Tell me just one thing, your profile says your military units are 291 and 227. Can you inform us all on here what that is. After almost 30yrs of military service in two countries, I have never heard of this before.

Your posts in this thread are right "out of 'er", and you don't really seem to have a clue on whats going on in the world today. I would think at the age of 29 (or so your empty profile says), you would be a bit better informed of the big picture and world events. What is it going to take to give you a wake-up call on reality.


----------



## 48Highlander (2 Aug 2005)

What's with all the whining?   Ofcourse some Americans make fun of Canada and our army - and a hell of a lot more Canadians make fun of the US, while many of our soldiers mock their army.   When it comes down to it though, those of us who have actually worked with the Americans respect them and their capabilities, just like most US soldiers I've had the chance to work with have come to respect us and have been quite impressed with out training.   So who cares what some igonrant bastards said in a bar somewhere?   How the hell did you guys manage to start an argument over that?


As for Lerick, let him read some of the forums for a while and educate himself before you bother trying to argue with him.   It's quite clear that he has no clue what he's talking about, and as everything he's mentioned so far has been discussed on these boards dozens of times, there's no point rehashing the same arguments again.


----------



## GO!!! (2 Aug 2005)

Lost_Warrior said:
			
		

> Yea, because we know the right leaning states hate the military   : (I can't believe you insinuated that...)
> 
> Besides, in case you haven't noticed, the matter is closed.   Lessons learned, everyone is happy.



The "right leaning state" was in reference to a pro - war, nationalistic populace you clown, and one that would find our dithering, peaceful ways foolish. 

To dumb it down a tad more - THEY SEE YOU AS ANTI - WAR WITH YOUR CDN ARMY T-SHIRT ON - AND THUS WORTHY OF RIDICULE.

Get the picture?


----------



## Lost_Warrior (2 Aug 2005)

> To dumb it down a tad more - THEY SEE YOU AS ANTI - WAR WITH YOUR CDN ARMY T-SHIRT ON - AND THUS WORTHY OF RIDICULE



How anyone can associate an army t-shirt and army backpack, and claiming to be in the army as "anti-war" is beyond me. 

You're just arguing for the sake of arguing  now.  Let it go man...  :


----------



## aesop081 (2 Aug 2005)

Lost_Warrior said:
			
		

> How anyone can associate an army t-shirt and army backpack, and claiming to be in the army as "anti-war" is beyond me.
> 
> You're just arguing for the sake of arguing   now.   Let it go man...   :



Not to put words in GO!!!'s mouth, but the CDN part is important. If you'll remember , Canada decided to leave the US high and dry in Iraq.  That could very well be why you encountered that perticular attitude.
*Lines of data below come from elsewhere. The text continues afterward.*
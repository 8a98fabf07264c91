-- ===== src/AsyncAction/Served.antt =====
-- bteng/nodes/leaf/async_action.py: a node that is RUNNING is served.
use bteng.Prelude.{
  ℕ, ◌≡◌, refl, true, false, Bool-cases, inl, inr, ◌⊎◌, Option, none, some, is_some, List, [], ◌∷◌,
  ◌==◌, ◌≢◌, arith, String, ap, Bool,
}
use bteng.Value.{Status, idle, running, success, failure, is_status}
use bteng.Tick.Reactive.{mem}
use bteng.Executor.{discard}
use bteng.AsyncAction.{
  Work, AsyncAction, Workers, find_done, settled, start, poll, tick, conclude, halt, reset, publish,
}
use bteng.AsyncAction.Steps.{
  System, ticked, halted, after_reset, Step, tick_step, halt_step, reset_step, begin, end_pool,
  end_thread, pool_stops, inject, Reach, here, more,
}

-- Someone still works on the node's run, or its result is there.
abbrev pub Served : Option ℕ → Option ℕ → Option Status → Workers → Type 0
Served (some i) thread result ws =
    (mem i ws.queued ≡ true) ⊎ ((mem i ws.started ≡ true) ⊎ (is_some (find_done i ws.done) ≡ true))
Served none thread (some s) ws = Unit
Served none (some i) none ws = mem i ws.threads ≡ true
Served none none none ws = ⊥

abbrev pub IsServed : System → Type 0
IsServed s = s.node.status ≡ running → Served s.node.future s.node.thread s.node.result s.workers

mem-discard :
    (i j : ℕ) (xs : List ℕ) → (j == i) ≡ false → mem j xs ≡ true → mem j (discard i xs) ≡ true
unfolding mem discard
mem-discard i j [] e h = cc
mem-discard i j (x ∷ xs) e h = elim (Bool-cases (x == j)) [
  | inl same ↦ let kept : (x == i) ≡ false = ground arith in rw (kept, same) refl
  | inr other ↦
      let below : mem j (discard i xs) ≡ true = mem-discard i j xs e (rw other at h) in
      elim (Bool-cases (x == i)) [ inl gone ↦ rw gone below | inr kept ↦ rw (kept, other) below ]
]

mem-here : (i : ℕ) (xs : List ℕ) → mem i (i ∷ xs) ≡ true
unfolding mem
mem-here i xs = ground arith

mem-later : (i j : ℕ) (xs : List ℕ) → mem j xs ≡ true → mem j (i ∷ xs) ≡ true
unfolding mem
mem-later i j xs h = ground arith

mem-same : (i j : ℕ) (xs : List ℕ) → (j == i) ≡ true → mem j (i ∷ xs) ≡ true
unfolding mem
mem-same i j xs h = ground arith

begin-Served :
    (i : ℕ) (future thread : Option ℕ) (result : Option Status) (ws : Workers)
    → Served future thread result ws
    → Served future thread result
        (record ws { queued = discard i ws.queued; started = i ∷ ws.started })
begin-Served i (some j) thread result ws (inl queued) = elim (Bool-cases (j == i)) [
  | inl same ↦ inr (inl (mem-same i j ws.started same))
  | inr other ↦ inl (mem-discard i j ws.queued other queued)
]
begin-Served i (some j) thread result ws (inr (inl started)) =
    inr (inl (mem-later i j ws.started started))
begin-Served i (some j) thread result ws (inr (inr done)) = inr (inr done)
begin-Served i none thread (some s) ws h = tt
begin-Served i none (some j) none ws h = h
begin-Served i none none none ws h = h

find_done-same :
    (i j : ℕ) (work : Work) (ds : List (ℕ × Work))
    → (j == i) ≡ true
    → is_some (find_done j ((i, work) ∷ ds)) ≡ true
unfolding find_done
find_done-same i j work ds h = ground arith

find_done-later :
    (i j : ℕ) (work : Work) (ds : List (ℕ × Work))
    → is_some (find_done j ds) ≡ true
    → is_some (find_done j ((i, work) ∷ ds)) ≡ true
unfolding find_done
find_done-later i j work ds h = ground arith

end_pool-Served :
    (i : ℕ) (work : Work) (future thread : Option ℕ) (result : Option Status) (ws : Workers)
    → Served future thread result ws
    → Served future thread result
        (record ws { started = discard i ws.started; done = (i, work) ∷ ws.done })
end_pool-Served i work (some j) thread result ws (inl queued) = inl queued
end_pool-Served i work (some j) thread result ws (inr (inl started)) = elim (Bool-cases (j == i)) [
  | inl same ↦ inr (inr (find_done-same i j work ws.done same))
  | inr other ↦ inr (inl (mem-discard i j ws.started other started))
]
end_pool-Served i work (some j) thread result ws (inr (inr done)) =
    inr (inr (find_done-later i j work ws.done done))
end_pool-Served i work none thread (some s) ws h = tt
end_pool-Served i work none (some j) none ws h = h
end_pool-Served i work none none none ws h = h

end_thread-Served :
    (i : ℕ) (s : Status) (future thread : Option ℕ) (result : Option Status) (ws : Workers)
    → Served future thread result ws
    → Served future thread (some s) (record ws { threads = discard i ws.threads })
end_thread-Served i s (some j) thread result ws h = h
end_thread-Served i s none thread result ws h = tt

start-Served :
    (n : AsyncAction) (ws : Workers)
    → n.status ≢ running
    → (conclude (start n ws).0 (start n ws).1).status ≡ running
    → Served
        (conclude (start n ws).0 (start n ws).1).future
        (conclude (start n ws).0 (start n ws).1).thread
        (conclude (start n ws).0 (start n ws).1).result
        (start n ws).2
unfolding start conclude
start-Served n ws off = elim (Bool-cases n.thread_pool) [
  | inl pool ↦ elim (Bool-cases ws.stopped) [
    | inl stopped ↦ rw (pool, stopped) (λ e. absurd (off e))
    | inr working ↦ rw (pool, working) (λ e. inl (mem-here ws.next ws.queued))
  ]
  | inr own ↦ rw own (λ e. mem-here ws.next ws.threads)
]

-- What the check for completion leaves alone.
poll-Served :
    (o : Option (Status × Option String)) (n : AsyncAction) (ws : Workers)
    → Served n.future n.thread n.result ws
    → Served (poll o n).1.future (poll o n).1.thread (poll o n).1.result ws
unfolding poll
poll-Served none n ws h = h
poll-Served (some (s, f)) n ws h = h

conclude-Served :
    (s : Status) (n : AsyncAction) (ws : Workers)
    → Served n.future n.thread n.result ws
    → Served
        (conclude (some s) n).future
        (conclude (some s) n).thread
        (conclude (some s) n).result
        ws
unfolding conclude
conclude-Served idle n ws h = h
conclude-Served running n ws h = h
conclude-Served success n ws h = h
conclude-Served failure n ws h = h

on-status : (s : Status) → is_status s running ≡ true → s ≡ running
on-status s h = ground arith

off-status : (s : Status) → is_status s running ≡ false → s ≢ running
off-status s h e = let k = ap (λ t. is_status t running) e in ground arith

ticked-IsServed : (s : System) → IsServed s → IsServed (ticked s)
unfolding tick
ticked-IsServed s h = elim (Bool-cases (is_status s.node.status running)) [
  | inl on ↦ rw on (λ e.
      conclude-Served (poll (settled s.node s.workers) s.node).0
        (poll (settled s.node s.workers) s.node).1 s.workers
        (poll-Served (settled s.node s.workers) s.node s.workers (h (on-status s.node.status on))))
  | inr off ↦ rw off (start-Served s.node s.workers (λ e. off-status s.node.status off e))
]

halted-IsServed : (s : System) → IsServed (halted s)
unfolding halt
halted-IsServed s = elim (Bool-cases (is_status s.node.status running)) [
  | inl on ↦ rw on (λ e. cc)
  | inr off ↦ rw off (λ e. cc)
]

after_reset-IsServed : (s : System) → IsServed (after_reset s)
unfolding reset
after_reset-IsServed s = λ e. cc

same_workers :
    (future thread : Option ℕ) (result : Option Status) (ws : Workers) (stopped : Bool)
    → Served future thread result ws
    → Served future thread result (record ws { stopped = stopped })
same_workers (some i) thread result ws stopped h = h
same_workers none thread (some s) ws stopped h = h
same_workers none (some i) none ws stopped h = h
same_workers none none none ws stopped h = h

Step-IsServed : {s s' : System} → Step s s' → IsServed s → IsServed s'
unfolding publish
Step-IsServed (tick_step s) h = ticked-IsServed s h
Step-IsServed (halt_step s) h = halted-IsServed s
Step-IsServed (reset_step s) h = after_reset-IsServed s
Step-IsServed (begin s i m) h =
    λ e. begin-Served i s.node.future s.node.thread s.node.result s.workers (h e)
Step-IsServed (end_pool s i work m) h =
    λ e. end_pool-Served i work s.node.future s.node.thread s.node.result s.workers (h e)
Step-IsServed (end_thread s i work m) h =
    λ e. end_thread-Served i _ s.node.future s.node.thread s.node.result s.workers (h e)
Step-IsServed (pool_stops s) h = λ e. same_workers _ _ _ s.workers true (h e)
Step-IsServed (inject s pool stopped) h = λ e. same_workers _ _ _ s.workers stopped (h e)

pub Reach-IsServed : {first s : System} → IsServed first → Reach first s → IsServed s
Reach-IsServed h here = h
Reach-IsServed h (more r step) = Step-IsServed step (Reach-IsServed h r)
GO!!!, if i am mistaken, my appologies.


----------



## Baloo (2 Aug 2005)

Lost_Warrior said:
			
		

> How anyone can associate an army t-shirt and army backpack, and claiming to be in the army as "anti-war" is beyond me.
> 
> You're just arguing for the sake of arguing  now.  Let it go man...  :



Yes, you did quote that it was a Canadian Army t-shirt. 

Is this the same one that includes "Armee" on the bottom?


----------



## EW (2 Aug 2005)

Wesley H. Allen said:
			
		

> Tell me just one thing, your profile says your military units are 291 and 227. Can you inform us all on here what that is. After almost 30yrs of military service in two countries, I have never heard of this before.



Lerick is a little off base and seems to be referring to the 291 (Comm Rsch) and 227 (LCIS Tech) MOCs.   Since the CF has zero Comm Rsch in Laval Quebec, he is likely in the recruiting system and wants to be 291 or 227.   If such is the case, than he will serve with a number of 291'ers who have served in places like Afghanistan and have little tolerance for ignorant opinions not based on fact.


----------



## GO!!! (2 Aug 2005)

aesop - you are exactly right. 

The US public as a group, regard Canada's decision not to go to war in Iraq as letting the US do the heavy lifting at best, and cowardice at the worst.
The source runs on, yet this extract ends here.